Okay! So RespectTheBlade checks out (had been inspected to be innocent, but is pretty definitively doctor as he claims, especially since I am also a doctor and also healed Vixie last night - that's why she edited her final post with an instruction for other doctors to _not_ heal her), and I have just been interrogating NWT on IRC where he first made a suspicious slip-up and then resigned when unable to answer a question.

In doing so, he also demonstrated knowledge that he would have if he were mafia, but not alien (it's complicated; I will explain after the game is over, since there is a lot of epic stuff that's been going on behind the scenes). So I think it's pretty clear we have our guy.

*Lynch NWT.*


----------



## Karkat Vantas

*Re: INAUGURAL POKEMAFIA - DAY 3*

...I'll wait for NWT to defend himself before I agree with you.


----------



## RespectTheBlade

*Re: INAUGURAL POKEMAFIA - DAY 3*

I agree with Kammington.


----------



## nyuu

*Re: INAUGURAL POKEMAFIA - DAY 3*

I decline.


----------



## Karkat Vantas

*Re: INAUGURAL POKEMAFIA - DAY 3*



NWT said:


> I decline.


Alright, then.

Voting for *NWT*.


----------



## Autumn

*Re: INAUGURAL POKEMAFIA - DAY 3*

I'm agreeing with Butterfree/people here. Voting for *NWT.*


----------



## Butterfree

*Re: INAUGURAL POKEMAFIA - DAY 3*

Fine; I will explain.

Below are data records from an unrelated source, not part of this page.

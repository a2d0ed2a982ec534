-- ===== src/FrameAlloc/Split.antt =====
-- The loop of `zone_alloc` of mm/frame_alloc.c that splits a block, and the zeroing of the result.
use heaven_os.Prelude.{
  ℕ, zero, suc, ◌+◌, ◌*◌, ◌%◌, ◌^◌, ◌<◌, ◌≡◌, refl, ◌∙◌, arith, ◌==◌, if◌then◌else◌, update, Option,
  some, List, ◌∷◌,
}
use heaven_os.Memory.{Bytes, memset, page_size}
use heaven_os.Memory.Fill.{memset-at}
use heaven_os.FrameAlloc.{Zone, max_order, buddy_of, split, set_bit}
use heaven_os.FrameAlloc.Geometry.{
  size, size-pos, size-suc, block_size-eq-size, In, block_in, pair_start, halves, aligned_down,
  buddy_of-aligned, pair_start_of_aligned,
}
use heaven_os.FrameAlloc.Cover.{within, cover, cover-push}
use heaven_os.FrameAlloc.Bitmap.{
  IsLaidOut, IsApart, with_free, changed, changed-apart, change_bit-eq,
}
use heaven_os.FrameAlloc.Invariant.{IsSound, IsLoose, push-IsSound}

-- Halving a loose block of order `suc k` frees its second half.
module _ {z : Zone} (laid : IsLaidOut z) {free : ℕ → List ℕ} (inv : IsSound z free) {k b : ℕ}
    (loose : IsLoose z free (suc k) b) where
  half_low : k < max_order
  half_low = loose.low

  half_aligned : b % size k ≡ 0
  half_aligned = aligned_down k b loose.aligned

  second_half : (pair_start k b ≡ b) × (buddy_of k b ≡ b + size k)
  second_half =
      ground (arith, pair_start_of_aligned k b loose.aligned, halves k b half_aligned, size-pos k)

  halved : ℕ → List ℕ
  halved = update free k (buddy_of k b ∷ free k)

  buddy_inside : In z.start_addr z.end_addr (buddy_of k b)
  buddy_inside = omega (
    arith,
    second_half,
    loose.inside,
    block_in laid.zone (suc k) b loose.low loose.inside loose.aligned,
    size-suc k,
    size-pos k,
  )

  buddy_IsLoose : IsLoose z free k (buddy_of k b)
  buddy_IsLoose = record {
    low = omega (arith, half_low);
    aligned = buddy_of-aligned k b half_aligned;
    inside = buddy_inside;
    clear = λ x. ground (arith, loose.clear x, second_half, size-suc k);
  }

  halved-IsSound : IsSound z halved
  unfolding halved
  halved-IsSound = push-IsSound inv k (buddy_of k b) buddy_IsLoose

  halved-cover :
      (x : ℕ) → cover halved x + within b (size k) x ≡ cover free x + within b (size (suc k)) x
  unfolding halved
  halved-cover x = ground (
    arith,
    cover-push free k buddy_IsLoose.low (buddy_of k b) x,
    second_half,
    size-suc k,
    size-pos k,
  )

  halved-IsLoose : IsLoose z halved k b
  halved-IsLoose = record {
    low = buddy_IsLoose.low;
    aligned = half_aligned;
    inside = loose.inside;
    clear = λ x. omega (arith, halved-cover x, loose.clear x);
  }

-- The split of a loose block down to an order: the first part is loose, the rest is free.
pub record Halved (z : Zone) (free : ℕ → List ℕ) (m : Bytes) (large order b : ℕ)
    (r : Option (Zone × Bytes)) : Type 0 where
  pub lists : ℕ → List ℕ
  pub mem : Bytes
  pub returns : r ≡ some (with_free z lists, mem)
  pub sound : IsSound z lists
  pub loose : IsLoose z lists order b
  pub covers :
      (x : ℕ) → cover lists x + within b (size order) x ≡ cover free x + within b (size large) x
  pub same : (x : ℕ) → IsApart z x → mem x ≡ m x

Halved-step :
    {z : Zone} (laid : IsLaidOut z) {free : ℕ → List ℕ} {m : Bytes} (inv : IsSound z free)
    (k order b : ℕ) (loose : IsLoose z free (suc k) b) {r : Option (Zone × Bytes)}
    → Halved z (halved laid inv loose) (changed set_bit z k b m) k order b r
    → Halved z free m (suc k) order b r
Halved-step laid {m} inv k order b loose h = record {
  lists = h.lists;
  mem = h.mem;
  returns = h.returns;
  sound = h.sound;
  loose = h.loose;
  covers = λ x. omega (arith, h.covers x, halved-cover laid inv loose x);
  same = λ x i. h.same x i ∙ changed-apart laid k b loose.low set_bit m loose.inside x i;
}

pub split-Halved :
    {z : Zone} (laid : IsLaidOut z) (left order large b : ℕ) {free : ℕ → List ℕ} {m : Bytes}
    → order + left ≡ large
    → IsSound z free
    → IsLoose z free large b
    → Halved z free m large order b (split left order b (with_free z free) m)
unfolding split halved
split-Halved {z} laid zero order large b {free} {m} e inv loose =
    let e' : order ≡ large = omega arith in
    rw e' (record {
      lists = free;
      mem = m;
      returns = refl;
      sound = inv;
      loose = loose;
      covers = λ x. refl;
      same = λ x h. refl;
    })
split-Halved {z} laid (suc left) order large b {free} {m} e inv loose =
    let k = order + left in
    let l : large ≡ suc k = omega arith in
    let whole : IsLoose z free (suc k) b = rw l at loose in
    rw (l, change_bit-eq laid k b whole.low set_bit m free)
      (Halved-step laid inv k order b whole (
        split-Halved laid left order k b refl (halved-IsSound laid inv whole)
          (halved-IsLoose laid inv whole)))

-- The memory after a block of an order was zeroed.
unfoldable pub zeroed : ℕ → ℕ → Bytes → Bytes
zeroed order b m = memset b 0 (page_size * 2 ^ order) m

pub zeroed-at :
    (order b : ℕ) (m : Bytes) (x : ℕ)
    → zeroed order b m x ≡ (if within b (size order) x == 1 then 0 else m x)
unfolding zeroed
zeroed-at order b m x =
    ground (arith, memset-at b 0 (page_size * 2 ^ order) m x, block_size-eq-size order)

Take all the grandeur from my planned epic summation of the game's events, won't you! >:/



			
				IRC said:
			
		

> <Dragonfree>	So, you up for an interrogation now?
> <Nykou>	yeh sure
> <Dragonfree>	Okay. What is your role?
> <Nykou>	I healed midnight each night. I am p. sure she was lover
> <Nykou>	Iiiii am vaporeon the glorious healyhealer
> <Dragonfree>	What was the basic gist of your role PM'
> <Dragonfree>	?
> <Nykou>	I resign 83
> <Nykou>	well played
> <Dragonfree>	Well.
> <Dragonfree>	That didn't take very long.


Obviously anyone can fake an IRC log, but I will at least explain how this line of reasoning came about so that my reasoning for suspecting him won't be quite so much of a "then he said SOMETHING that confirmed because of SOMETHING that he could not be alien because of SOMETHING".

I am Jolteon, a healer. The role PM speaks of being a member of a clan of Wish-using Eeveelutions. In my alliance with Vixie, one of the key observations we made was that the identity of the Pokémon people were given could serve as a good way to identify those who were or were not lying. Intuitively, a mafia faking doctor would not think of an Eeveelution if asked what their Pokémon is; they'd come up with something like Chansey or Miltank or something else with a more intuitively obvious status as a healer.

Thus, one of our primary strategies has been talking to people, asking them for their Pokémon, and determining whether it checks out.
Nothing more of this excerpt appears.